• Task to complete:
Read the entries that follow and give each one again precisely.

• Given entries:
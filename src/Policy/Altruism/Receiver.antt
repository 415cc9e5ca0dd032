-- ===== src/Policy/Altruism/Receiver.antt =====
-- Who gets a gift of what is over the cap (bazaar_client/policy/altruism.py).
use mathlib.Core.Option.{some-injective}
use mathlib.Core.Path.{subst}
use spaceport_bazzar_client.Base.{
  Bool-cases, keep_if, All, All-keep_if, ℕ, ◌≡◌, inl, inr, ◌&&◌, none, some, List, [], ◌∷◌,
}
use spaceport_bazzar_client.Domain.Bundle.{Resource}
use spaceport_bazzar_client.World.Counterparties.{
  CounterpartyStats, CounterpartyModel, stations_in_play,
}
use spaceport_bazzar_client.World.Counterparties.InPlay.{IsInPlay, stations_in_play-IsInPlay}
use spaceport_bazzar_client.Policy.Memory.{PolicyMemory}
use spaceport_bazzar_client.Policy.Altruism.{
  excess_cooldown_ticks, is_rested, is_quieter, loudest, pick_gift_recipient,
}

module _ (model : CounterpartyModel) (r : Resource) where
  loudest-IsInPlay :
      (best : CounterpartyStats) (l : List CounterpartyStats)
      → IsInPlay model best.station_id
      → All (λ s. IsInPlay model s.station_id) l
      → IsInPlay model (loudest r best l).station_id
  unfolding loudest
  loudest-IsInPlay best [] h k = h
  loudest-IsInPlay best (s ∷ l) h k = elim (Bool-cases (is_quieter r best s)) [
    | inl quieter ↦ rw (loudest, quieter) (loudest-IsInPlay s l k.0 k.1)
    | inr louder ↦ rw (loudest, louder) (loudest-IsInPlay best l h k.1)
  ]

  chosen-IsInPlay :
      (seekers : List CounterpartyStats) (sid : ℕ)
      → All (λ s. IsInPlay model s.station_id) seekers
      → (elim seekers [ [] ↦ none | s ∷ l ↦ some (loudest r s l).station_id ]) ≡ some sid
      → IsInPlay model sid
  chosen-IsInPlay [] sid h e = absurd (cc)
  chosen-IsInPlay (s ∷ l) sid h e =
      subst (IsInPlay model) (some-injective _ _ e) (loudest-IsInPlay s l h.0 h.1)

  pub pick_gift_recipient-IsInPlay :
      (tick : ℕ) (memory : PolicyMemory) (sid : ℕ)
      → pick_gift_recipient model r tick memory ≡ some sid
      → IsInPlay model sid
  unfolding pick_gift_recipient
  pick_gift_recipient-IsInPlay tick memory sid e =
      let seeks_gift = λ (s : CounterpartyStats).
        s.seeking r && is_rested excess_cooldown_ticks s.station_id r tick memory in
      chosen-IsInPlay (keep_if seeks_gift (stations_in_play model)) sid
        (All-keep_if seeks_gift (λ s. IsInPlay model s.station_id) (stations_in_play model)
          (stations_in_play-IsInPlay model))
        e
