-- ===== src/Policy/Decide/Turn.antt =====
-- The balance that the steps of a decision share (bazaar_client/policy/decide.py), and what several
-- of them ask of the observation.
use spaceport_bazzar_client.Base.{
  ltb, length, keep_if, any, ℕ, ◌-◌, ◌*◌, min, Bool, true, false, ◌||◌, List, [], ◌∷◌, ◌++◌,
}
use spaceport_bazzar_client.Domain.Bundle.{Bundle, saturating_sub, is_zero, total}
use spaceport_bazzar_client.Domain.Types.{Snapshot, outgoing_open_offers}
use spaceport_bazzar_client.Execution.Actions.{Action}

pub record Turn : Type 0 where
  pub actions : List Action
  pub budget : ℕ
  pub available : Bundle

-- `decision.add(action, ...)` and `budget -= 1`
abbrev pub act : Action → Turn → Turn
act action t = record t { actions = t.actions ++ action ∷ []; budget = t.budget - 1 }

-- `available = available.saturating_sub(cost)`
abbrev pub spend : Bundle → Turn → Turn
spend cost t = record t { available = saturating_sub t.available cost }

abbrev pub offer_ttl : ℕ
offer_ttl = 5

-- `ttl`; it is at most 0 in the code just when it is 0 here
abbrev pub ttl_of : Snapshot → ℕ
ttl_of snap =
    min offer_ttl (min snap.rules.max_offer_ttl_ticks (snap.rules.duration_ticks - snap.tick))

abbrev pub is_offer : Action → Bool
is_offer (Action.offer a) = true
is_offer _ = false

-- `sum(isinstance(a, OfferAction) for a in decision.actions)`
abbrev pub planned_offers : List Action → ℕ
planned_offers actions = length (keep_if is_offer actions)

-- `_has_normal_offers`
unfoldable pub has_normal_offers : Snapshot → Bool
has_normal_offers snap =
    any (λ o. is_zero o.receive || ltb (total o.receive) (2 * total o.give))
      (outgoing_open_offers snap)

• Response to this task:
filename src/Policy/Altruism/Receiver.antt
repository 415cc9e5ca0dd032
-- ===== src/Policy/Altruism/Receiver.antt =====
-- Who gets a gift of what is over the cap (bazaar_client/policy/altruism.py).
use mathlib.Core.Option.{some-injective}
use mathlib.Core.Path.{subst}
use spaceport_bazzar_client.Base.{
  Bool-cases, keep_if, All, All-keep_if, ℕ, ◌≡◌, inl, inr, ◌&&◌, none, some, List, [], ◌∷◌,
}
use spaceport_bazzar_client.Domain.Bundle.{Resource}
use spaceport_bazzar_client.World.Counterparties.{
  CounterpartyStats, CounterpartyModel, stations_in_play,
}
use spaceport_bazzar_client.World.Counterparties.InPlay.{IsInPlay, stations_in_play-IsInPlay}
use spaceport_bazzar_client.Policy.Memory.{PolicyMemory}
use spaceport_bazzar_client.Policy.Altruism.{
  excess_cooldown_ticks, is_rested, is_quieter, loudest, pick_gift_recipient,
}

module _ (model : CounterpartyModel) (r : Resource) where
  loudest-IsInPlay :
      (best : CounterpartyStats) (l : List CounterpartyStats)
      → IsInPlay model best.station_id
      → All (λ s. IsInPlay model s.station_id) l
      → IsInPlay model (loudest r best l).station_id
  unfolding loudest
  loudest-IsInPlay best [] h k = h
  loudest-IsInPlay best (s ∷ l) h k = elim (Bool-cases (is_quieter r best s)) [
    | inl quieter ↦ rw (loudest, quieter) (loudest-IsInPlay s l k.0 k.1)
    | inr louder ↦ rw (loudest, louder) (loudest-IsInPlay best l h k.1)
  ]

  chosen-IsInPlay :
      (seekers : List CounterpartyStats) (sid : ℕ)
      → All (λ s. IsInPlay model s.station_id) seekers
      → (elim seekers [ [] ↦ none | s ∷ l ↦ some (loudest r s l).station_id ]) ≡ some sid
      → IsInPlay model sid
  chosen-IsInPlay [] sid h e = absurd (cc)
  chosen-IsInPlay (s ∷ l) sid h e =
      subst (IsInPlay model) (some-injective _ _ e) (loudest-IsInPlay s l h.0 h.1)

  pub pick_gift_recipient-IsInPlay :
      (tick : ℕ) (memory : PolicyMemory) (sid : ℕ)
      → pick_gift_recipient model r tick memory ≡ some sid
      → IsInPlay model sid
  unfolding pick_gift_recipient
  pick_gift_recipient-IsInPlay tick memory sid e =
      let seeks_gift = λ (s : CounterpartyStats).
        s.seeking r && is_rested excess_cooldown_ticks s.station_id r tick memory in
      chosen-IsInPlay (keep_if seeks_gift (stations_in_play model)) sid
        (All-keep_if seeks_gift (λ s. IsInPlay model s.station_id) (stations_in_play model)
          (stations_in_play-IsInPlay model))
        e
-- ===== src/Policy/Decide/Turn.antt =====
-- The balance that the steps of a decision share (bazaar_client/policy/decide.py), and what several
-- of them ask of the observation.
use spaceport_bazzar_client.Base.{
  ltb, length, keep_if, any, ℕ, ◌-◌, ◌*◌, min, Bool, true, false, ◌||◌, List, [], ◌∷◌, ◌++◌,
}
use spaceport_bazzar_client.Domain.Bundle.{Bundle, saturating_sub, is_zero, total}
use spaceport_bazzar_client.Domain.Types.{Snapshot, outgoing_open_offers}
use spaceport_bazzar_client.Execution.Actions.{Action}

pub record Turn : Type 0 where
  pub actions : List Action
  pub budget : ℕ
  pub available : Bundle

-- `decision.add(action, ...)` and `budget -= 1`
abbrev pub act : Action → Turn → Turn
act action t = record t { actions = t.actions ++ action ∷ []; budget = t.budget - 1 }

-- `available = available.saturating_sub(cost)`
abbrev pub spend : Bundle → Turn → Turn
spend cost t = record t { available = saturating_sub t.available cost }

abbrev pub offer_ttl : ℕ
offer_ttl = 5

-- `ttl`; it is at most 0 in the code just when it is 0 here
abbrev pub ttl_of : Snapshot → ℕ
ttl_of snap =
    min offer_ttl (min snap.rules.max_offer_ttl_ticks (snap.rules.duration_ticks - snap.tick))

abbrev pub is_offer : Action → Bool
is_offer (Action.offer a) = true
is_offer _ = false

-- `sum(isinstance(a, OfferAction) for a in decision.actions)`
abbrev pub planned_offers : List Action → ℕ
planned_offers actions = length (keep_if is_offer actions)

-- `_has_normal_offers`
unfoldable pub has_normal_offers : Snapshot → Bool
has_normal_offers snap =
    any (λ o. is_zero o.receive || ltb (total o.receive) (2 * total o.give))
      (outgoing_open_offers snap)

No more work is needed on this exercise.